# Mission Accomplished, and then..



## marriedwifeof4ki (Sep 19, 2016)

My husband and I have been married for 10 years and have 4 children. (AGES 6, 4, 2, AND 1) Obviously, we have a healthy sex life. However, one thing has been escaping me my entire life. I have an extremely difficult time achieving orgasm during intercourse. My husband is very talented when it comes to giving me oral, I often will orgasm at least twice each time. I am very grateful for what I have in regards to that and I make sure that he knows just how grateful..  

Last night, we were making love and I was about to have my 3rd orgasm of the night. I was in reverse cowgirl when I was about to reach my 3rd orgasm when our bedframe broke. One of the metal supports bent and caused the bed to partially collapse. When it happened, I slid down almost off the bed and he slid right down with me. I am not sure how, but we ended up in doggie style. I told him to just keep going and I was about to reach it again and our 6 year old knocks on the door and is trying to open a locked door. He asks if everything is okay through the door and we told him everything is fine and go back to bed, which he did. However, as you can well imagine the mood was ruined. 

I am soooo frustrated that I could scream. I can't believe this happened. My poor husband had yet to orgasm, so I told him to just finish himself off. He had a look of disappointment on his face.... LOL


----------



## caruso (Sep 23, 2016)

Never skimp on the cost when it comes to bedroom furniture. 

It just isn't worth it.


----------



## heartbroken50 (Aug 9, 2016)

marriedwifeof4ki said:


> My husband and I have been married for 10 years and have 4 children. (AGES 6, 4, 2, AND 1) Obviously, we have a healthy sex life. However, one thing has been escaping me my entire life. I have an extremely difficult time achieving orgasm during intercourse. My husband is very talented when it comes to giving me oral, I often will orgasm at least twice each time. I am very grateful for what I have in regards to that and I make sure that he knows just how grateful..
> 
> Last night, we were making love and I was about to have my 3rd orgasm of the night. I was in reverse cowgirl when I was about to reach my 3rd orgasm when our bedframe broke. One of the metal supports bent and caused the bed to partially collapse. When it happened, I slid down almost off the bed and he slid right down with me. I am not sure how, but we ended up in doggie style. I told him to just keep going and I was about to reach it again and our 6 year old knocks on the door and is trying to open a locked door. He asks if everything is okay through the door and we told him everything is fine and go back to bed, which he did. However, as you can well imagine the mood was ruined.
> 
> I am soooo frustrated that I could scream. I can't believe this happened. My poor husband had yet to orgasm, so I told him to just finish himself off. He had a look of disappointment on his face.... LOL



OMG you poor thing! I'm LOLing only because H and I have broken our bed frame twice over 20 years... so I know what that's like haha. And we didn't stop either 
When the kids interrupt though that's a definite mood killer....they are clueless though.
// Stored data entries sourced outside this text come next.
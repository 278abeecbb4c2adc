-- ===== src/Prelude/Int.antt =====
-- Go's `int`, as an unbounded integer: what is modelled only compares these.
use Prim.Native.Nat.{ℕ, zero, suc}
use mathlib.Core.Bool.{Bool, true, false}
use nebari_infrastructure_co.Prelude.Tests.{ltb}

-- `negsuc n` is -(n + 1).
pub data ℤ : Type 0 where
  pos : ℕ → ℤ
  negsuc : ℕ → ℤ

-- 0 < n
abbrev pub is_positive : ℤ → Bool
is_positive (pos zero) = false
is_positive (pos (suc n)) = true
is_positive (negsuc n) = false

-- n < 0
abbrev pub is_negative : ℤ → Bool
is_negative (pos n) = false
is_negative (negsuc n) = true

-- a < b
abbrev pub int_lt : ℤ → ℤ → Bool
int_lt (pos a) (pos b) = ltb a b
int_lt (pos a) (negsuc b) = false
int_lt (negsuc a) (pos b) = true
int_lt (negsuc a) (negsuc b) = ltb b a
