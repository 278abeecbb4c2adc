-- ===== src/Prelude/State.antt =====
-- Calls that change a state and may fail: the state goes on from an error too.
use mathlib.Core.Path.{◌≡◌, refl, ap}
use native.Mathlib.Omega.{arith}
use nebari_infrastructure_co.Prelude.Results.{Result, ok, err}

abbrev pub M : Type 0 → Type 0 → Type 0 → Type 0
M S E A = S → Result E A × S

module _ {S E : Type 0} where
  abbrev pub continue : {A B : Type 0} → Result E A × S → (A → M S E B) → Result E B × S
  continue (ok a, s) f = f a s
  continue (err e, s) f = (err e, s)

  infixl 5 ◌>>=◌ ◌>>◌
  abbrev pub ◌>>=◌ : {A B : Type 0} → M S E A → (A → M S E B) → M S E B
  ◌>>=◌ m f s = continue (m s) f

  abbrev pub ◌>>◌ : {B : Type 0} → M S E (Unit {0}) → M S E B → M S E B
  m >> k = m >>= λ _. k

  -- A result that is at hand, with no call.
  abbrev pub lift : {A : Type 0} → Result E A → M S E A
  lift r s = (r, s)

  abbrev pub rewrap : {F A : Type 0} → (F → E) → Result F A × S → Result E A × S
  rewrap f (ok a, s) = (ok a, s)
  rewrap f (err e, s) = (err (f e), s)

  abbrev pub wrap_call : {F A : Type 0} → (F → E) → M S F A → M S E A
  wrap_call f m s = rewrap f (m s)

  continue-eq-ok :
      {A B : Type 0} (r : Result E A × S) (f : A → M S E B) {b : B} {t : S}
      → continue r f ≡ (ok b, t)
      → (a : A) × (u : S) × (r ≡ (ok a, u)) × (f a u ≡ (ok b, t))
  continue-eq-ok (ok a, s) f h = (a, s, refl, h)
  continue-eq-ok (err e, s) f h = absurd (cc (ap (λ p. p.0) h))

  -- A sequence of calls that succeeds: each has.
  pub >>=-eq-ok :
      {A B : Type 0} (m : M S E A) (f : A → M S E B) (s : S) {b : B} {t : S}
      → (m >>= f) s ≡ (ok b, t)
      → (a : A) × (u : S) × (m s ≡ (ok a, u)) × (f a u ≡ (ok b, t))
  >>=-eq-ok m f s h = continue-eq-ok (m s) f h

  rewrap-eq-ok :
      {F A : Type 0} (f : F → E) (r : Result F A × S) {a : A} {t : S}
      → rewrap f r ≡ (ok a, t)
      → r ≡ (ok a, t)
  rewrap-eq-ok f (ok a, s) h = ground arith
  rewrap-eq-ok f (err e, s) h = absurd (cc (ap (λ p. p.0) h))

  pub wrap_call-eq-ok :
      {F A : Type 0} (f : F → E) (m : M S F A) (s : S) {a : A} {t : S}
      → wrap_call f m s ≡ (ok a, t)
      → m s ≡ (ok a, t)
  wrap_call-eq-ok f m s h = rewrap-eq-ok f (m s) h

  -- A result at hand leaves the state.
  pub lift-eq-ok :
      {A B : Type 0} (r : Result E A) (f : A → M S E B) (s : S) {b : B} {t : S}
      → (lift r >>= f) s ≡ (ok b, t)
      → (a : A) × (r ≡ ok a) × (f a s ≡ (ok b, t))
  lift-eq-ok (ok a) f s h = (a, refl, h)
  lift-eq-ok (err e) f s h = absurd (cc (ap (λ p. p.0) h))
Funny story, my H and I are having issues and sleeping apart right now and my 11 year old and I were snuggling at bedtime the other night and he tells me very seriously "maybe you and dad need to, you know, have intercourse and things will get better.... I mean it's been 11 years. That's a long time." He thought the last time was his conception, LOL. So cute! I just said that wasn't an issue.... He thinks he would have heard us, but he's walked in at least a dozen times without figuring it out... thank god for covers and quick reflexes! LOL.


----------



## EleGirl (Dec 3, 2011)

Put your mattress on the floor. It's safer.


----------



## marriedwifeof4ki (Sep 19, 2016)

heartbroken50 said:


> OMG you poor thing! I'm LOLing only because H and I have broken our bed frame twice over 20 years... so I know what that's like haha. And we didn't stop either
> When the kids interrupt though that's a definite mood killer....they are clueless though.
> 
> Funny story, my H and I are having issues and sleeping apart right now and my 11 year old and I were snuggling at bedtime the other night and he tells me very seriously "maybe you and dad need to, you know, have intercourse and things will get better.... I mean it's been 11 years. That's a long time." He thought the last time was his conception, LOL. So cute! I just said that wasn't an issue.... He thinks he would have heard us, but he's walked in at least a dozen times without figuring it out... thank god for covers and quick reflexes! LOL.


I have never heard an 11 year old talk like that... Lol


----------



## marriedwifeof4ki (Sep 19, 2016)

EleGirl said:


> Put your mattress on the floor. It's safer.


That is where it is currently.. lol


----------



## marriedwifeof4ki (Sep 19, 2016)

caruso said:


> Never skimp on the cost when it comes to bedroom furniture.
> 
> It just isn't worth it.


Obviously we learned that.


----------



## badsanta (Oct 13, 2014)

marriedwifeof4ki said:


> I was about to reach my 3rd orgasm when our bedframe broke.


Our family had broken a few doors in the house to the point where all the screws in the hinges were stripped. I wasn't sure what I was going to do to fix it until I tried hot glue one day. Something about metal brackets, wood, and hot glue make a magical recipe. You'll need a torch to heat the bracket and an ice cube to set it. Once it is in place the only thing getting it back apart it a torch!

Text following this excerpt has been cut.